UltraTech, Ambuja, ACC & Others: Profitability in FY26 Hinges on Cement Pricing, Says India Ratings
According to India Ratings and Research, the cement industry, including major players like UltraTech Cement, Ambuja Cements, ACC, and Dalmia Bharat, is expected to witness moderate growth in FY26. The agency projects that demand in the sector will likely grow at a mid-single-digit rate, indicating a steady but not aggressive expansion.
While the overall growth outlook remains positive, India Ratings emphasizes that pricing will play a crucial role in determining the profitability of cement manufacturers. Despite rising demand, the ability of companies to maintain or improve their pricing power will be a key factor in sustaining healthy margins.
The report suggests that while the industry is poised for continued growth, external factors such as raw material costs, supply chain dynamics, and competitive pressures could influence pricing strategies. As a result, cement manufacturers will need to carefully navigate pricing decisions to ensure sustained profitability in the upcoming fiscal year.
India Ratings and Research anticipates that cement demand will grow at a mid-single-digit rate in FY26, supported by multiple factors contributing to a recovery in the sector. One of the key drivers of this growth is the expected revival in infrastructure demand, which had been relatively subdued during FY25. The slowdown in infrastructure activity this year was largely attributed to the impact of the general elections, which often lead to delays in project execution and new investments. However, with the election period concluding, infrastructure development is expected to regain momentum, providing a boost to cement consumption.
Additionally, a strong monsoon in the previous year is likely to contribute to improved rural demand for cement. India Ratings highlights that better rainfall supports agricultural productivity, leading to higher rural incomes and, in turn, increased spending on housing and construction activities in rural areas. An improvement in real wage growth, particularly for individuals in the lower-income segments, is also expected to strengthen demand fundamentals in the sector.
In the urban housing market, the report notes that growth is expected to continue, albeit at a moderate pace due to the base effect. Despite this, steady demand from urban housing projects will remain a positive factor for cement consumption. With these combined factors—reviving infrastructure development, stronger rural demand, and sustained urban housing activity—the cement sector is expected to witness stable growth in FY26.

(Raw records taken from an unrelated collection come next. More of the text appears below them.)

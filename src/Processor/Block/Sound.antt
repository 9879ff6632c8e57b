-- ===== src/Processor/Block/Sound.antt =====
-- What the state is once a block is accepted, and what becomes of a second one.
use beacon_kit.Prelude.{
  ℕ, ◌==◌, if◌then◌else◌, true, some, refl, ◌≡◌, Bytes, ◌⊎◌, arith, bytes_eq_iff, inl, inr, ap, ◌∙◌,
}
use beacon_kit.Exec.{ok, err, Result, Error, block_slot_too_low, slot_mismatch}
use beacon_kit.Exec.Success.{Succeeds, >>=-Succeeds}
use beacon_kit.Collections.{Collections}
use beacon_kit.BeaconDb.{Kv}
use beacon_kit.Processor.{StateProcessor}
use beacon_kit.Processor.Block.Keeps.{
  process_withdrawals-IsKeeping, process_randao_reveal-IsKeeping, process_operations-IsKeeping,
}
use beacon_kit.Types.{Context, BeaconBlock, BeaconBlockHeader, ExecutionPayloadHeader}
use beacon_kit.Processor.Header.{process_block_header, new_header}
use beacon_kit.Processor.Payload.{process_execution_payload}
use beacon_kit.Processor.Block.{validate_result, process_block}
use beacon_kit.StateDb.{hash_tree_root}
use beacon_kit.Processor.Deposits.{process_operations}
use beacon_kit.StateDb.Hashing.{hash_tree_root-IsReader}
use beacon_kit.Processor.Randao.{process_randao_reveal}
use beacon_kit.Processor.Withdrawals.{process_withdrawals}

module _ {c : Collections} (sp : StateProcessor) (ctx : Context) (blk : BeaconBlock) where
  header_stored :
      (kv kv1 : Kv c)
      → Succeeds (process_block_header sp blk) kv tt kv1
      → (c.read kv1.slot ≡ some blk.slot)
        × ((root : Bytes) × (sp.body_root blk.body ≡ ok root)
            × (c.read kv1.latest_block_header ≡ some (new_header blk root)))
  unfolding process_block_header
  header_stored kv kv1 h = go (sp.body_root blk.body) refl
    where
      go :
          (r : Result Bytes)
          → sp.body_root blk.body ≡ r
          → (c.read kv1.slot ≡ some blk.slot)
            × ((root : Bytes) × (sp.body_root blk.body ≡ ok root)
                × (c.read kv1.latest_block_header ≡ some (new_header blk root)))
      go (ok root) e = (
        ground arith,
        (root, e, ground (arith, c.read-write kv.latest_block_header (new_header blk root))),
      )
      go (err x) e = absurd (ground arith)

  payload_stored :
      (kv kv1 : Kv c)
      → Succeeds (process_execution_payload sp ctx blk) kv tt kv1
      → (kv1.slot ≡ kv.slot)
        × (kv1.latest_block_header ≡ kv.latest_block_header)
        × ((header : ExecutionPayloadHeader) × (sp.payload_to_header blk.body.execution_payload
              ≡ ok header)
            × (c.read kv1.latest_execution_payload_header ≡ some header))
  unfolding process_execution_payload
  payload_stored kv kv1 h = go (sp.payload_to_header blk.body.execution_payload) refl
    where
      go :
          (r : Result ExecutionPayloadHeader)
          → sp.payload_to_header blk.body.execution_payload ≡ r
          → (kv1.slot ≡ kv.slot)
            × (kv1.latest_block_header ≡ kv.latest_block_header)
            × ((header : ExecutionPayloadHeader) × (sp.payload_to_header blk.body.execution_payload
                  ≡ ok header)
                × (c.read kv1.latest_execution_payload_header ≡ some header))
      go (ok header) e = (
        ground arith,
        ground arith,
        (header, e, ground (arith, c.read-write kv.latest_execution_payload_header header)),
      )
      go (err x) e = absurd (ground arith)

  result_validated :
      (kv kv1 : Kv c)
      → Succeeds (validate_result sp ctx blk) kv tt kv1
      → (kv1 ≡ kv)
        × ((ctx.skip_validate_result ≡ true)
            ⊎ ((hash_tree_root sp.state_root sp.cs kv).0 ≡ ok blk.state_root))
  unfolding validate_result
  result_validated kv kv1 h = go ((hash_tree_root sp.state_root sp.cs kv).0) refl
    where
      go :
          (r : Result Bytes)
          → (hash_tree_root sp.state_root sp.cs kv).0 ≡ r
          → (kv1 ≡ kv)
            × ((ctx.skip_validate_result ≡ true)
                ⊎ ((hash_tree_root sp.state_root sp.cs kv).0 ≡ ok blk.state_root))
      go (ok root) e = ground (
        arith,
        (hash_tree_root-IsReader sp.state_root sp.cs).at kv,
        bytes_eq_iff blk.state_root root,
      )
      go (err x) e = ground (arith, (hash_tree_root-IsReader sp.state_root sp.cs).at kv)

  -- After a block is accepted, the state is at the block's slot; its latest block header is the
  -- block's, with the root of the body and no state root yet; its latest payload header is that of the
  -- block's payload; and the state's root is the one that the block names, unless the check of the
  -- result is skipped.
  pub process_block_sound :
      (kv kv' : Kv c)
      → process_block sp ctx blk kv ≡ (ok tt, kv')
      → (c.read kv'.slot ≡ some blk.slot)
        × ((root : Bytes) × (sp.body_root blk.body ≡ ok root)
            × (c.read kv'.latest_block_header ≡ some (new_header blk root)))
        × ((header : ExecutionPayloadHeader) × (sp.payload_to_header blk.body.execution_payload
              ≡ ok header)
            × (c.read kv'.latest_execution_payload_header ≡ some header))
        × ((ctx.skip_validate_result ≡ true)
            ⊎ ((hash_tree_root sp.state_root sp.cs kv').0 ≡ ok blk.state_root))
  unfolding process_block
  process_block_sound kv kv' h =
      let (u1, kv1, h1, r1) = >>=-Succeeds (process_block_header sp blk) _ kv tt kv' h in
      let (u2, kv2, h2, r2) = >>=-Succeeds (process_execution_payload sp ctx blk) _ kv1 tt kv' r1 in
      let (u3, kv3, h3, r3) = >>=-Succeeds (process_withdrawals sp blk.body) _ kv2 tt kv' r2 in
      let (u4, kv4, h4, r4) =
        >>=-Succeeds (process_randao_reveal sp blk ctx.skip_validate_randao) _ kv3 tt kv' r3 in
      let (u5, kv5, h5, h6) = >>=-Succeeds (process_operations sp blk) _ kv4 tt kv' r4 in
      let (slot, (root, rooted, latest)) = header_stored kv kv1 h1 in
      let (slot2, latest2, (header, headed, payload)) = payload_stored kv1 kv2 h2 in
      let (same, validated) = result_validated kv5 kv' h6 in
      let (e3, f3, p3) = (process_withdrawals-IsKeeping sp blk.body).at kv2 in
      let (e4, f4, p4) = (process_randao_reveal-IsKeeping sp blk ctx.skip_validate_randao).at kv3 in
      let (e5, f5, p5) = (process_operations-IsKeeping sp blk).at kv4 in
      (
        cc,
        (root, rooted, cc),
        (header, headed, cc),
        elim validated [
          | inl skipped ↦ inl skipped
          | inr e ↦ inr (ap (λ k. (hash_tree_root sp.state_root sp.cs k).0) same ∙ e)
        ],
      )

module _ {c : Collections} (sp : StateProcessor) (kv : Kv c) (other : BeaconBlock) where
  -- The check of the header, on a state at the slot of its latest header.
  header_refused :
      (s : ℕ) (latest : BeaconBlockHeader)
      → c.read kv.slot ≡ some s
      → c.read kv.latest_block_header ≡ some latest
      → latest.slot ≡ s
      → process_block_header sp other kv
        ≡ (err (if other.slot == s then block_slot_too_low else slot_mismatch), kv)
  unfolding process_block_header
  header_refused s latest slot header same = ground arith

  block_refused :
      (ctx : Context) (e : Error)
      → process_block_header sp other kv ≡ (err e, kv)
      → process_block sp ctx other kv ≡ (err e, kv)
  unfolding process_block
  block_refused ctx e h = rw h refl

-- Once ProcessBlock has accepted a block, every further block, in any context, is rejected on the
-- state that it left, a block of the same slot as too low and one of another slot for its slot, and
-- that state is left as it is.
pub one_block_per_slot :
    {c : Collections} (sp : StateProcessor) (ctx ctx' : Context) (blk other : BeaconBlock)
    (kv kv' : Kv c)
    → process_block sp ctx blk kv ≡ (ok tt, kv')
    → process_block sp ctx' other kv'
      ≡ (err (if other.slot == blk.slot then block_slot_too_low else slot_mismatch), kv')
one_block_per_slot sp ctx ctx' blk other kv kv' h =
    let (slot, (root, rooted, latest), payload, result) = process_block_sound sp ctx blk kv kv' h in
    block_refused sp kv' other ctx' _ (
      header_refused sp kv' other blk.slot (new_header blk root) slot latest
        (unfold new_header in refl))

India Ratings and Research has provided a mixed outlook for different segments of the economy in FY26, with a deteriorating outlook for smaller (tier-2) businesses, while maintaining a neutral stance on the cement industry as a whole.
Despite facing challenges such as intense competition and significant capital expenditure commitments, the cement sector is expected to remain stable due to certain positive factors. India Ratings and Research notes that range-bound input costs—meaning raw material prices are not expected to fluctuate significantly—will help support industry stability. Additionally, cement manufacturers continue to maintain strong balance sheets, which provide financial resilience amid market uncertainties.
Another key factor contributing to the neutral industry outlook is the anticipated steady demand growth in FY26, driven by infrastructure recovery, rural demand improvement, and urban housing expansion. While pricing pressures could emerge due to heightened competition, these supporting fundamentals are expected to help balance the challenges.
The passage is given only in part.